In memorium ... in the Mara - 9 September 2007


We spent two full days with a Cheetah mother and her cub during our August 2007 expedition to the Masai Mara. We spent the first day watching them sleep and play together. The second day we watched the mother kill three young Thommies.

Unfortunately the cub suffered from either congenital glaucoma or cataracts in both eyes which gave both eyes a deep opaque blue colour and a vacant stare. Cheetahs and other wild cats often develop cataracts following injury, often a thorn but this cub was only weeks old and of course both eyes were afected.
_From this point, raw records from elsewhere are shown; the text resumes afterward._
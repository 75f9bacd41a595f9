-- ===== src/Scope/Members.antt =====
-- Which rows are members after a complete payload is reconciled.
use react_native_dblayer.Base.{
  suc, ◌≡◌, refl, ap, sym, ◌∙◌, Bool, true, ◌&&◌, ◌||◌, not, Option, none, some, List, [], ◌∷◌,
  ◌++◌, map, arith, any, any-append, keep, drop, length, Bool-cases, Option-cases, inl, inr,
}
use react_native_dblayer.Base.Str.{Str, str_eq, str_eq_iff}
use react_native_dblayer.Base.StrSet
use react_native_dblayer.Base.StrSet.{StrSet}
use react_native_dblayer.Scope.Entry.{
  ScopeEntry, ScopeIndexValue, IncomingScopeRow, ReconcileResult, complete, insert_entry,
  sort_entries, has_id, row_id, entry_id,
}
use react_native_dblayer.OrderKey.Sequence.{keys_for_sequence}
use react_native_dblayer.Scope.Membership.{has-map-entry_id}
use react_native_dblayer.Scope.Placement.{
  taken_keys, held_keys, place_rows, placed, taken_with, key_for_row,
}
use react_native_dblayer.Scope.Reconcile.{
  copy_entry, has_row, result, is_none_held, same_ids, held_entries, detached_entries,
  place_complete, reconcile_complete,
}

has_id-insert_entry :
    (id : Str) (e : ScopeEntry) (es : List ScopeEntry)
    → has_id id (insert_entry e es) ≡ (str_eq e.id id || has_id id es)
unfolding has_id any insert_entry
has_id-insert_entry id e [] = refl
has_id-insert_entry id e (x ∷ es) = ground (arith, has_id-insert_entry id e es)

pub has_id-sort_entries :
    (id : Str) (es : List ScopeEntry) → has_id id (sort_entries es) ≡ has_id id es
unfolding has_id any sort_entries
has_id-sort_entries id [] = refl
has_id-sort_entries id (e ∷ es) =
    ground (arith, has_id-sort_entries id es, has_id-insert_entry id e (sort_entries es))

pub has_id-keep :
    (p : Str → Bool) (id : Str) (es : List ScopeEntry)
    → has_id id (keep (λ e. p e.id) es) ≡ (has_id id es && p id)
unfolding has_id any keep
has_id-keep p id [] = refl
has_id-keep p id (e ∷ es) = elim (Bool-cases (str_eq e.id id)) [
  | inl same ↦ ground (arith, has_id-keep p id es, ap p ((str_eq_iff e.id id).0 same))
  | inr other ↦ ground (arith, has_id-keep p id es)
]

has_id-copies : (id : Str) (es : List ScopeEntry) → has_id id (map copy_entry es) ≡ has_id id es
unfolding has_id any
has_id-copies id [] = refl
has_id-copies id (e ∷ es) = ground (arith, has_id-copies id es)

pub has_id-append :
    (id : Str) (es fs : List ScopeEntry) → has_id id (es ++ fs) ≡ (has_id id es || has_id id fs)
unfolding has_id
has_id-append id es fs = any-append (λ e. str_eq e.id id) es fs

has_id-placed :
    (id : Str) (row : IncomingScopeRow) (key : Str) (rest : Option (List ScopeEntry))
    (es : List ScopeEntry)
    → placed row key rest ≡ some es
    → (more : List ScopeEntry) × (rest ≡ some more)
      × (has_id id es ≡ (str_eq row.id id || has_id id more))
unfolding placed has_id any
has_id-placed id row key none es h = cc
has_id-placed id row key (some more) es h = (more, refl, sym (ap (has_id id) (inner h)))
  where
    inner : {a b : List ScopeEntry} → some a ≡ some b → a ≡ b
    inner h = cc

has_id-place_rows :
    (id : Str) (taken : StrSet) (rows : List IncomingScopeRow) (keys : List Str)
    (es : List ScopeEntry)
    → place_rows taken rows keys ≡ some es
    → has_id id es ≡ has_row id rows
unfolding place_rows has_row has_id any
has_id-place_rows id taken [] keys es h = sym (ap (has_id id) (inner h))
  where
    inner : {a b : List ScopeEntry} → some a ≡ some b → a ≡ b
    inner h = cc
has_id-place_rows id taken (row ∷ rows) keys es h =
    elim (Option-cases (key_for_row taken row keys)) [
      | inl gone ↦
          let is_none : place_rows taken (row ∷ rows) keys ≡ none = rw (gone, place_rows) refl in
          let clash : none ≡ some es = sym is_none ∙ h in absurd (ground arith)
      | inr (key, e) ↦
          let tail = place_rows (taken_with row key taken) rows (drop 1 keys) in
          let is_placed : place_rows taken (row ∷ rows) keys ≡ placed row key tail =
            rw (e, place_rows) refl in
          let (more, rest, members) = has_id-placed id row key tail es (sym is_placed ∙ h) in
          members
          ∙ ground
              (arith, has_id-place_rows id (taken_with row key taken) rows (drop 1 keys) more rest)
    ]

has_id-place_complete :
    (id : Str) (rows : List IncomingScopeRow) (held es : List ScopeEntry)
    → place_complete rows held ≡ some es
    → has_id id es ≡ has_row id rows
unfolding place_complete
has_id-place_complete id rows held es h =
    elim (Option-cases (keys_for_sequence (length rows) none none)) [
      | inl gone ↦
          let is_none : place_complete rows held ≡ none = rw (gone, place_complete) refl in
          let clash : none ≡ some es = sym is_none ∙ h in absurd (ground arith)
      | inr (keys, e) ↦
          let is_placed : place_complete rows held
              ≡ place_rows (taken_keys rows (held_keys held [])) rows keys =
            rw (e, place_complete) refl in
          has_id-place_rows id (taken_keys rows (held_keys held [])) rows keys es
            (sym is_placed ∙ h)
    ]

has_id-same_ids :
    (id : Str) (es : List ScopeEntry) (rows : List IncomingScopeRow)
    → same_ids es (map row_id rows) ≡ true
    → has_id id es ≡ has_row id rows
unfolding same_ids has_id has_row any
has_id-same_ids id [] [] h = refl
has_id-same_ids id [] (row ∷ rows) h = cc
has_id-same_ids id (e ∷ es) [] h = cc
has_id-same_ids id (e ∷ es) (row ∷ rows) h = ground (
  arith,
  has_id-same_ids id es rows,
  ap (λ x. str_eq x id) ((str_eq_iff e.id row.id).0 (ground arith)),
)

result-is :
    (next : ScopeIndexValue) (detached : List Str) (r : ReconcileResult)
    → result next detached ≡ some r
    → record { next = next; detached_ids = detached } ≡ r
unfolding result
result-is next detached r h = ground arith

-- What the members and the detached ids of a complete reconcile are.
abbrev pub Reconciles : ScopeIndexValue → List IncomingScopeRow → StrSet → ReconcileResult → Type 0
Reconciles previous rows protected_ids r =
    (id : Str)
    → (has_id id r.next.entries
        ≡ (has_row id rows || (has_id id previous.entries && StrSet.has id protected_ids)))
      × (StrSet.has id r.detached_ids ≡ (
          has_id id previous.entries
          && (not (has_row id rows) && not (StrSet.has id protected_ids))))

detached-members :
    (id : Str) (protected_ids : StrSet) (rows : List IncomingScopeRow) (es : List ScopeEntry)
    → StrSet.has id (map entry_id (detached_entries protected_ids rows es))
      ≡ (has_id id es && (not (has_row id rows) && not (StrSet.has id protected_ids)))
unfolding detached_entries
detached-members id protected_ids rows es =
    has-map-entry_id id _
    ∙ has_id-keep (λ x. not (has_row x rows) && not (StrSet.has x protected_ids)) id es

-- Where a reconcile with a complete payload does not throw, the members after it are the rows of
-- the payload and the protected members of before, and the detached ids are the members of before
-- that are neither.
pub reconcile_complete-Reconciles :
    (previous : ScopeIndexValue) (rows : List IncomingScopeRow) (protected_ids : StrSet)
    (r : ReconcileResult)
    → reconcile_complete previous rows protected_ids ≡ some r
    → Reconciles previous rows protected_ids r
unfolding reconcile_complete held_entries
reconcile_complete-Reconciles previous rows protected_ids r h id =
    let held = held_entries protected_ids rows previous.entries in
    let detached = map entry_id (detached_entries protected_ids rows previous.entries) in
    let left = detached-members id protected_ids rows previous.entries in
    elim (Bool-cases (is_none_held held && same_ids previous.entries (map row_id rows))) [
      | inl same ↦
          let is_same : reconcile_complete previous rows protected_ids
              ≡ result
                  (record {
                    generation = suc previous.generation;
                    coverage = complete;
                    entries = map copy_entry previous.entries;
                  })
                  detached =
            rw (same, reconcile_complete) refl in
          let r_is = result-is _ detached r (sym is_same ∙ h) in
          let rows_are = has_id-same_ids id previous.entries rows (ground arith) in
          rw (sym r_is) (ground (arith, has_id-copies id previous.entries, rows_are), left)
      | inr new ↦ elim (Option-cases (place_complete rows held)) [
        | inl gone ↦
            let is_none : reconcile_complete previous rows protected_ids ≡ none =
              rw (new, reconcile_complete) (rw gone refl) in
            let clash : none ≡ some r = sym is_none ∙ h in absurd (ground arith)
        | inr (es, e) ↦
            let is_placed : reconcile_complete previous rows protected_ids
                ≡ result
                    (record {
                      generation = suc previous.generation;
                      coverage = complete;
                      entries = sort_entries (es ++ map copy_entry held);
                    })
                    detached =
              rw (new, reconcile_complete) (rw e refl) in
            let r_is = result-is _ detached r (sym is_placed ∙ h) in
            let kept =
              has_id-keep (λ x. not (has_row x rows) && StrSet.has x protected_ids) id
                previous.entries in
            rw (sym r_is) (
              ground (
                arith,
                has_id-sort_entries id (es ++ map copy_entry held),
                has_id-append id es (map copy_entry held),
                has_id-copies id held,
                has_id-place_complete id rows held es e,
                kept,
              ),
              left,
            )
      ]
    ]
It was presumably congenital. Surgery is possible, and indeed has been perfomed on Lions in other parks. We were told that a vet had looked at our Cheetah but had judged it too young for treatment.

Shortly after our return to London, we heard from the park that Lions had killed the cub. Whether this was because the cub had poor vision is not known, but it cannot have helped. This was very sad news however it does demonstrate the balance of nature and the means of survival. We found the following from Richard Dawkins....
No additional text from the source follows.